ИСТИНА

We numerically investigate the phenomenon of laminar-turbulent transition in diffusers, of different cone angles and expansion ratios of the channel. The calculation was conducted by using a Lushchik-Pavel'ev-Yakubenko model of shear turbulence [1]. At the entrance of the channel, either a developed turbulent pipe flow or a flow with a uniform velocity profile with different turbulent energies was applied. The calculations were performed for channel expansion ratios of 1.65, 2.5, 3.4 and 6.8, with the cone angle varying from 0.01° to 4° and the Reynolds numbers changed from 1000 to 10,000 at the channel entrance.
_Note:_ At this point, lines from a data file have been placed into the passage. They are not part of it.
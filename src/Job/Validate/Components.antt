-- ===== src/Job/Validate/Components.antt =====
-- The path components of a TensorBoard directory: the loop against the list of components.
use yori.Common.{
  ℕ, zero, suc, ◌≤◌, ◌<◌, ◌≡◌, refl, ◌≢◌, ◌↔◌, true, false, Option, none, some, List, [], ◌∷◌,
  arith,
}
use yori.Common.{Text, contains_nul_iff, IsNulFree, length, All, ◌==◌, list_beq_iff}
use yori.Common.{if◌then◌else◌, nat_eq, list_eq, Option-cases, inl, inr}
use yori.Job.Spec.{max_tensorboard_logdir_bytes}
use yori.Job.Validate.{
  first_component, after_slash, dot_dot, no_dot_dot, starts_with_slash, is_valid_tensorboard_logdir,
}

-- The components of a path: its text split at every '/'.
abbrev pub put_byte : ℕ → List Text → List Text
put_byte c [] = (c ∷ []) ∷ []
put_byte c (t ∷ ts) = (c ∷ t) ∷ ts

abbrev pub components : Text → List Text
components [] = [] ∷ []
components (c ∷ t) = let rest = components t in if c == b'/' then [] ∷ rest else put_byte c rest

-- The components after the first.
abbrev pub components_after : Option Text → List Text
components_after none = []
components_after (some t) = components t

components_lem : (t : Text) → components t ≡ first_component t ∷ components_after (after_slash t)
unfolding first_component after_slash
components_lem [] = refl
components_lem (c ∷ t) = ground (arith, components_lem t)

after_slash_shorter : (t u : Text) → after_slash t ≡ some u → length u < length t
unfolding after_slash
after_slash_shorter [] u h = cc
after_slash_shorter (c ∷ t) u h = ground (arith, after_slash_shorter t u)

abbrev pub HasNoDotDot : Text → Type 0
HasNoDotDot path = All (λ component. component ≢ dot_dot) (components path)

no_dot_dot_iff :
    (fuel : ℕ) (path : Text) → length path < fuel → (no_dot_dot fuel path ≡ true) ↔ HasNoDotDot path
unfolding no_dot_dot
no_dot_dot_iff zero path h = absurd (omega arith)
no_dot_dot_iff (suc fuel) path h =
    rw (components_lem path) (elim (Option-cases (after_slash path)) [
      | inl e ↦ rw e (ground (arith, list_beq_iff (first_component path) dot_dot))
      | inr (u, e) ↦
          let shorter = after_slash_shorter path u e in
          let ih = no_dot_dot_iff fuel u (omega arith) in
          rw e (ground (arith, ih, list_beq_iff (first_component path) dot_dot))
    ])

pub record IsLogdir (path : Text) : Type 0 where
  pub some_byte : path ≢ []
  pub within : length path ≤ max_tensorboard_logdir_bytes
  pub nul_free : IsNulFree path
  pub relative : starts_with_slash path ≡ false
  pub no_parent : HasNoDotDot path

pub is_valid_tensorboard_logdir_iff :
    (path : Text) → (is_valid_tensorboard_logdir path ≡ true) ↔ IsLogdir path
unfolding is_valid_tensorboard_logdir
is_valid_tensorboard_logdir_iff [] = ((λ h. ground arith), (λ h. absurd (h.some_byte refl)))
is_valid_tensorboard_logdir_iff (c ∷ t) =
    let loop = no_dot_dot_iff (suc (length (c ∷ t))) (c ∷ t) (omega arith) in
    ground (arith, contains_nul_iff (c ∷ t), loop)
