-- ===== src/Job/Validate/Loops.antt =====
-- What the loops of `validate` accept: arguments, environment, required devices.
use yori.Common.{
  ℕ, ◌+◌, ◌≤◌, ◌<◌, ◌≡◌, refl, ◌≢◌, ◌↔◌, true, false, none, some, List, [], ◌∷◌, arith,
}
use yori.Common.{
  Text, contains_nul_iff, IsNulFree, length, any, All, All-×, All-zip, IsDistinct, ◌==◌,
  list_beq_iff, ok, if◌then◌else◌, nat_eq, list_eq, ltb, u64_modulus,
}
use yori.Gpu.Uuid.{GpuUuid, uuid_valid_iff, IsUuid}
use yori.Job.Spec.{
  max_argument_bytes, max_single_argument_bytes, max_environment_name_bytes,
  max_environment_value_bytes, max_environment_bytes, max_placement_devices, GpuPlacementMode,
  any_gpu, required, preferred,
}
use yori.Job.Validate.{
  add_within_limit, is_valid_environment_name, check_arguments, check_environment, check_devices,
  check_placement, one_valid,
}

-- The subtraction of the source does not wrap while the total is within the limit.
add_within_limit_lem :
    (value total limit : ℕ)
    → total ≤ limit
    → limit < u64_modulus
    → add_within_limit value total limit
      ≡ (if ltb limit (total + value) then none else some (total + value))
unfolding add_within_limit
add_within_limit_lem value total limit h k = ground arith

abbrev pub total_bytes : List Text → ℕ
total_bytes [] = 0
total_bytes (t ∷ ts) = length t + total_bytes ts

abbrev pub IsArgument : Text → Type 0
IsArgument t = IsNulFree t × (length t ≤ max_single_argument_bytes)

pub check_arguments_iff :
    (arguments : List Text) (index bytes : ℕ)
    → bytes ≤ max_argument_bytes
    → (check_arguments arguments index bytes ≡ ok tt)
      ↔ (All IsArgument arguments × (bytes + total_bytes arguments ≤ max_argument_bytes))
unfolding check_arguments
check_arguments_iff [] index bytes h = ground arith
check_arguments_iff (t ∷ ts) index bytes h = ground (
  arith,
  contains_nul_iff t,
  add_within_limit_lem (length t) bytes max_argument_bytes,
  check_arguments_iff ts (index + 1) (bytes + length t),
)

abbrev pub total_pair_bytes : List (Text × Text) → ℕ
total_pair_bytes [] = 0
total_pair_bytes ((name, value) ∷ rest) = length name + length value + total_pair_bytes rest

pub record IsVariable (entry : Text × Text) : Type 0 where
  pub named : entry.0 ≢ []
  pub name_nul_free : IsNulFree entry.0
  pub no_equals : All (λ c. c ≢ b'=') entry.0
  pub name_within : length entry.0 ≤ max_environment_name_bytes
  pub value_within : length entry.1 ≤ max_environment_value_bytes
  pub value_nul_free : IsNulFree entry.1

any-equals_iff : (t : Text) → (any (λ c. c == b'=') t ≡ false) ↔ All (λ c. c ≢ b'=') t
any-equals_iff [] = ((λ h. tt), (λ h. refl))
any-equals_iff (c ∷ t) = ground (arith, any-equals_iff t)

is_valid_environment_name_iff :
    (name : Text)
    → (is_valid_environment_name name ≡ true)
      ↔ ((name ≢ []) × IsNulFree name × All (λ c. c ≢ b'=') name)
unfolding is_valid_environment_name
is_valid_environment_name_iff [] = ((λ h. ground arith), (λ h. absurd (h.0 refl)))
is_valid_environment_name_iff (c ∷ t) =
    ground (arith, contains_nul_iff (c ∷ t), any-equals_iff (c ∷ t))

pub check_environment_iff :
    (env : List (Text × Text)) (index bytes : ℕ)
    → bytes ≤ max_environment_bytes
    → (check_environment env index bytes ≡ ok tt)
      ↔ (All IsVariable env × (bytes + total_pair_bytes env ≤ max_environment_bytes))
unfolding check_environment
check_environment_iff [] index bytes h = ground arith
check_environment_iff ((name, value) ∷ rest) index bytes h = ground (
  arith,
  is_valid_environment_name_iff name,
  contains_nul_iff value,
  add_within_limit_lem (length name) bytes max_environment_bytes,
  add_within_limit_lem (length value) (bytes + length name) max_environment_bytes,
  check_environment_iff rest (index + 1) (bytes + length name + length value),
)

any-device_iff :
    (device : GpuUuid) (prior : List GpuUuid)
    → (any (λ p. p == device) prior ≡ false) ↔ All (λ p. p ≢ device) prior
any-device_iff device [] = ((λ h. tt), (λ h. refl))
any-device_iff device (p ∷ prior) =
    ground (arith, list_beq_iff p device, any-device_iff device prior)

abbrev IsFresh : List GpuUuid → List GpuUuid → Type 0
IsFresh prior devices = All (λ device. All (λ p. p ≢ device) prior) devices

check_devices_iff :
    (prior devices : List GpuUuid)
    → (check_devices prior devices ≡ ok tt)
      ↔ (All IsUuid devices × IsFresh prior devices × IsDistinct devices)
unfolding check_devices
check_devices_iff prior [] = ((λ h. (tt, tt, tt)), (λ h. refl))
check_devices_iff prior (d ∷ ds) = ground (
  arith,
  uuid_valid_iff d,
  any-device_iff d prior,
  check_devices_iff (d ∷ prior) ds,
  All-× (λ x. d ≢ x) (λ x. All (λ p. p ≢ x) prior) ds,
  All-zip (λ x. d ≢ x) (λ x. All (λ p. p ≢ x) prior) ds,
)

All-trivial : (devices : List GpuUuid) → IsFresh [] devices
All-trivial [] = tt
All-trivial (d ∷ ds) = (tt, All-trivial ds)

-- What each mode asks of the devices.
abbrev pub IsPlacement : GpuPlacementMode → List GpuUuid → Type 0
IsPlacement any_gpu devices = devices ≡ []
IsPlacement required devices =
    (devices ≢ [])
    × (length devices ≤ max_placement_devices)
    × All IsUuid devices
    × IsDistinct devices
IsPlacement preferred devices = (length devices ≡ 1) × All IsUuid devices

one_valid_iff :
    (devices : List GpuUuid) → (one_valid devices ≡ true) ↔ IsPlacement preferred devices
one_valid_iff [] = ground arith
one_valid_iff (d ∷ []) = ground (arith, uuid_valid_iff d)
one_valid_iff (d ∷ e ∷ ds) = ground arith

-- Together with the check that follows the `switch`.
pub check_placement_iff :
    (mode : GpuPlacementMode) (devices : List GpuUuid)
    → (check_placement mode devices 1 ≡ ok tt) ↔ IsPlacement mode devices
unfolding check_placement
check_placement_iff any_gpu [] = ground arith
check_placement_iff any_gpu (d ∷ ds) = ground arith
check_placement_iff required [] = ((λ h. ground arith), (λ h. absurd (h.0 refl)))
check_placement_iff required (d ∷ ds) =
    ground (arith, check_devices_iff [] (d ∷ ds), All-trivial (d ∷ ds))
check_placement_iff preferred devices = ground (arith, one_valid_iff devices)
The results of the calculations were compared with previously obtained experimental data [2] for a diffuser with cone angle of ~ 0.6°. Experimental data are in good agreement with the calculated data. Calculations showed that with an increase of the diffuser length, the turbulent flow disappears and smoothly transforms into laminar flow. The critical Reynolds number Re* vs the diffuser cone angle θ is obtained (Figure 1). This kind of diffusers can be used in industry, when designing various devices. As an example, such diffusers with sufficiently low speeds inside can be used in the new type of heat exchangers. The study was carried out with the support of the Russian Foundation for Basic Research (projects No. 17-08-00115).